Reklamlar da bu dilin yeniden üretildiği ürünler. Reklâmlarda önemli olan mesaj vermek, bir fikri kitlelere aktarmak tabi, bu hep böyle anlaşıldı. Önemli olan ne anlattığın; nasıl anlattığın değil. Neyi anlattığı kadar, nasıl anlattığını da önemsedim. Bu nedenle ben reklamların diline de takılıyorum. Bunun amacı kadının insan hakları ihlâllerini teşhirine ve kadınların, cinsiyetlerinden ötürü ayrımcılığa uğramadıkları bir dil oluşturulması, kadınların kurban, zavallı mağdur, cinsel nesne, kutsal ana, namus simgesi, vb. geleneksel roller çerçevesinde, erkeklere bağımlı olarak sunulmasının engellenmesidir. Örneğin, Huggies’in kızlara ve erkeklere özel bezinin tanıtım reklamı. Birbirinden farklı boşaltım sistemi organına sahip olan bebeklere özel üretilmiş bezleri, toplumda var olan kadın ve erkek rolleri üzerinden anlatmak. En başından farklı cinsel organlara sahip olmak, size kadın ve erkek olma fıtratı veriyormuş gibi sunmak. Sizi de rahatsız etmiyor mu? Bir başka örnek Toyota’nın başı özgürlükçü, sonu yine evlilik ve çocukla biten reklamı. Reklam, oyuncak bebek de olsa bir kadının bağlarından kurtulup ‘bekle hayat geliyoruz’ diye isyanı ile başlarken, sonunda kadının mutluluğu Romeo’sunu bulup, ondan bir çocuk yapmakla bitiyor. Başka bir deyişle, reklamı her gördüğümde “kadınların beklediği hayat bu mudur?” diye sormadan edemiyorum.

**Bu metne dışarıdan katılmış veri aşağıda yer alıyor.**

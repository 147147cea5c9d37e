-- ===== src/Storage/Disk/Hex.antt =====
use mathlib.Core.List.{append_assoc}
use raft_based_distributed_l.Exec.{ok}
use native.Mathlib.Numerals.{unary_clauses}
-- A printed length is read back.
use raft_based_distributed_l.Storage.Disk.{
  drop_newline, end_line, digit_char, digit_value, scan_digits, hex_digits, is_blank, skip_blanks,
  blanks, newline, scan_hex, is_sign, scan_unsigned, match_newline, print_length, scan_length,
}
use raft_based_distributed_l.Prelude.{
  ap, ◌-◌, length-append, if◌then◌else◌, sym, subst, ◌++◌, ◌+◌, ◌≤◌, ◌*◌, arith, length, ◌≡◌, ◌^◌,
  ◌<◌, ℕ, Bytes, zero, suc, [], ◌∷◌, some, none, true, false, refl, inl, inr, Bool-cases, ltb, ◌%◌,
}
use Prim.Native.Nat.{◌/◌}

digit_value-digit_char : (d : ℕ) → d < 16 → digit_value (digit_char d) ≡ some d
digit_value-digit_char d h = ground arith

-- The value of digits, behind `acc`.
data Digits : Bytes → ℕ → ℕ → Type 0 where
  no_digit : (acc : ℕ) → Digits [] acc acc
  one_digit :
      (c d : ℕ) (s : Bytes) (acc n : ℕ)
      → digit_value c ≡ some d
      → Digits s (acc * 16 + d) n
      → Digits (c ∷ s) acc n

Digits-append :
    (s : Bytes) (acc n m c d : ℕ)
    → Digits s acc n
    → digit_value c ≡ some d
    → m ≡ n * 16 + d
    → Digits (s ++ c ∷ []) acc m
Digits-append _ acc _ m c d (no_digit _) h e =
    one_digit c d [] acc m h (subst (Digits [] (acc * 16 + d)) (sym e) (no_digit (acc * 16 + d)))
Digits-append _ acc n m c d (one_digit c' d' s _ _ q r) h e =
    one_digit c' d' (s ++ c ∷ []) acc m q (Digits-append s (acc * 16 + d') n m c d r h e)

scan_digits-stops :
    (width acc c : ℕ) (rest : Bytes)
    → digit_value c ≡ none
    → scan_digits width acc (c ∷ rest) ≡ (acc, c ∷ rest)
unfolding scan_digits
scan_digits-stops zero acc c rest h = refl
scan_digits-stops (suc width) acc c rest h = rw (h, scan_digits) refl

scan-Digits :
    (s rest : Bytes) (acc n more c : ℕ)
    → Digits s acc n
    → digit_value c ≡ none
    → scan_digits (length s + more) acc (s ++ c ∷ rest) ≡ (n, c ∷ rest)
unfolding scan_digits
scan-Digits _ rest acc _ more c (no_digit _) h = scan_digits-stops (0 + more) acc c rest h
scan-Digits _ rest acc n more c (one_digit c' d s _ _ q r) h =
    let e : suc (length s) + more ≡ suc (length s + more) = omega arith in
    let rest' = scan-Digits s rest (acc * 16 + d) n more c r h in rw (e, q, rest', scan_digits) refl

next_digit : (k n : ℕ) → n < 16 ^ suc (suc k) → n / 16 < 16 ^ suc k
next_digit k n h =
    let h' : suc n ≤ 16 ^ k * 16 * 16 = simp unary_clauses at h in simp unary_clauses (omega arith)

digit-Digits : (d : ℕ) → d < 16 → Digits (digit_char d ∷ []) 0 d
digit-Digits d h =
    let e : 0 * 16 + d ≡ d = omega arith in
    one_digit (digit_char d) d [] 0 d (digit_value-digit_char d h)
      (subst (Digits [] (0 * 16 + d)) e (no_digit (0 * 16 + d)))

hex_digits-Digits : (rounds n : ℕ) → n < 16 ^ (suc rounds) → Digits (hex_digits rounds n) 0 n
unfolding hex_digits
hex_digits-Digits zero n h =
    let e : n % 16 ≡ n = omega arith in
    subst (λ m. Digits (digit_char (n % 16) ∷ []) 0 m) e (digit-Digits (n % 16) (omega arith))
hex_digits-Digits (suc rounds) n h =
    let s = hex_digits rounds (n / 16) in
    let more : Digits (s ++ digit_char (n % 16) ∷ []) 0 n =
      Digits-append s 0 (n / 16) n (digit_char (n % 16)) (n % 16)
        (hex_digits-Digits rounds (n / 16) (next_digit rounds n h))
        (digit_value-digit_char (n % 16) (omega arith)) (omega arith) in
    elim (ltb n 16)
        as (λ b.
          b ≡ ltb n 16
          → Digits (if b then digit_char n ∷ [] else s ++ digit_char (n % 16) ∷ []) 0 n) [
            | true ↦ λ q. digit-Digits n (ground arith)
            | false ↦ λ _. more
          ]
      refl

length-hex_digits : (rounds k n : ℕ) → n < 16 ^ (suc k) → length (hex_digits rounds n) ≤ suc k
unfolding hex_digits
length-hex_digits zero k n h = omega arith
length-hex_digits (suc rounds) zero n h = elim (Bool-cases (ltb n 16)) [
  | inl q ↦ rw (q, hex_digits) (omega arith)
  | inr q ↦ let r : ¬ (ltb n 16 ≡ false) = ground arith in elim (r q) [ ]
]
length-hex_digits (suc rounds) (suc k) n h =
    elim (ltb n 16)
      as (λ b.
        length
          (if b then digit_char n ∷ [] else hex_digits rounds (n / 16) ++ digit_char (n % 16) ∷ [])
        ≤ suc (suc k)) [
          | true ↦ omega arith
          | false ↦ omega (
            arith,
            length-append (hex_digits rounds (n / 16)) (digit_char (n % 16) ∷ []),
            length-hex_digits rounds k (n / 16) (next_digit k n h),
          )
        ]

is_blank-digit_value : (c d : ℕ) → digit_value c ≡ some d → is_blank c ≡ false
is_blank-digit_value c d h = ground arith

skip_blanks-blanks : (k : ℕ) (s : Bytes) → skip_blanks (blanks k ++ s) ≡ skip_blanks s
unfolding skip_blanks blanks
skip_blanks-blanks zero s = refl
skip_blanks-blanks (suc k) s = skip_blanks-blanks k s

hex_digits-nonempty : (rounds n : ℕ) → 1 ≤ length (hex_digits rounds n)
unfolding hex_digits
hex_digits-nonempty zero n = omega arith
hex_digits-nonempty (suc rounds) n =
    elim (ltb n 16)
      as (λ b.
        1
        ≤ length (
            if b
            then digit_char n ∷ []
            else hex_digits rounds (n / 16) ++ digit_char (n % 16) ∷ [])) [
              | true ↦ omega arith
              | false ↦
                  omega
                    (arith, length-append (hex_digits rounds (n / 16)) (digit_char (n % 16) ∷ []))
            ]

skip_blanks-digit : (c d : ℕ) (s : Bytes) → digit_value c ≡ some d → skip_blanks (c ∷ s) ≡ c ∷ s
unfolding skip_blanks
skip_blanks-digit c d s h =
    ap {B = Bytes} (λ b. if b then skip_blanks s else c ∷ s) (is_blank-digit_value c d h)

scan_hex-Digits :
    (s rest : Bytes) (n : ℕ)
    → Digits s 0 n
    → 1 ≤ length s
    → length s ≤ 8
    → scan_hex (skip_blanks (s ++ newline ∷ rest)) ≡ ok (n, rest)
unfolding scan_hex scan_unsigned match_newline drop_newline skip_blanks end_line
scan_hex-Digits _ rest n (no_digit _) h k = let no : ⊥ = omega arith in elim no [ ]
scan_hex-Digits _ rest n (one_digit c d s _ _ q r) h k =
    let b = skip_blanks-digit c d (s ++ newline ∷ rest) q in
    let unsigned : is_sign c ≡ false = ground arith in
    let e : length (c ∷ s) + (8 - length (c ∷ s)) ≡ 8 = omega arith in
    let scanned =
      subst (λ w. scan_digits w 0 (c ∷ s ++ newline ∷ rest) ≡ (n, newline ∷ rest)) e
        (scan-Digits (c ∷ s) rest 0 n (8 - length (c ∷ s)) newline (one_digit c d s 0 n q r)
          refl) in
    rw (b, unsigned, scan_hex, scan_unsigned, q, scanned, end_line)
      (ap (λ p. ok (p.0, rest)) scanned)

pub scan_length-print_length :
    (n : ℕ) (rest : Bytes) → n < 16 ^ 8 → scan_length (print_length n ++ rest) ≡ ok (n, rest)
unfolding scan_length print_length
scan_length-print_length n rest h =
    let s = hex_digits 15 n in
    let e = append_assoc (blanks (8 - length s) ++ s) (newline ∷ []) rest in
    let e2 = append_assoc (blanks (8 - length s)) s (newline ∷ rest) in
    let r =
      scan_hex-Digits s rest n (hex_digits-Digits 15 n (omega arith)) (hex_digits-nonempty 15 n)
        (length-hex_digits 15 7 n h) in
    let b = skip_blanks-blanks (8 - length s) (s ++ newline ∷ rest) in rw (e, e2, b) r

Benim iddiam neden ezber bozan reklâmlar, filmler, diziler vb yapılmasın ki? Ezberi tekrar eden bu reklâmlar neden sorun edilmiyor ki? “Amaç kar elde etmek, kapitalist düzenin getirdiği kadın sömürüsü işte bunlar, ne bekliyorsun belgesel gibi eğitici mi olmasını” sorularının tam da farkında dediğimiz insanlardan gelmesi beni kahrediyor. Sen biliyorsun ben biliyorum ama Saramego’nun romanındaki körler gibi öyle farkında olduğumuz beyaz bir körlükte yaşıyoruz. Gören gözlerin gördüğünü görmemeyi tercih etmek anlaşılır bir şey değil benim için. Ve ben bunun için utanmadan söylüyorum: ben bir feministim.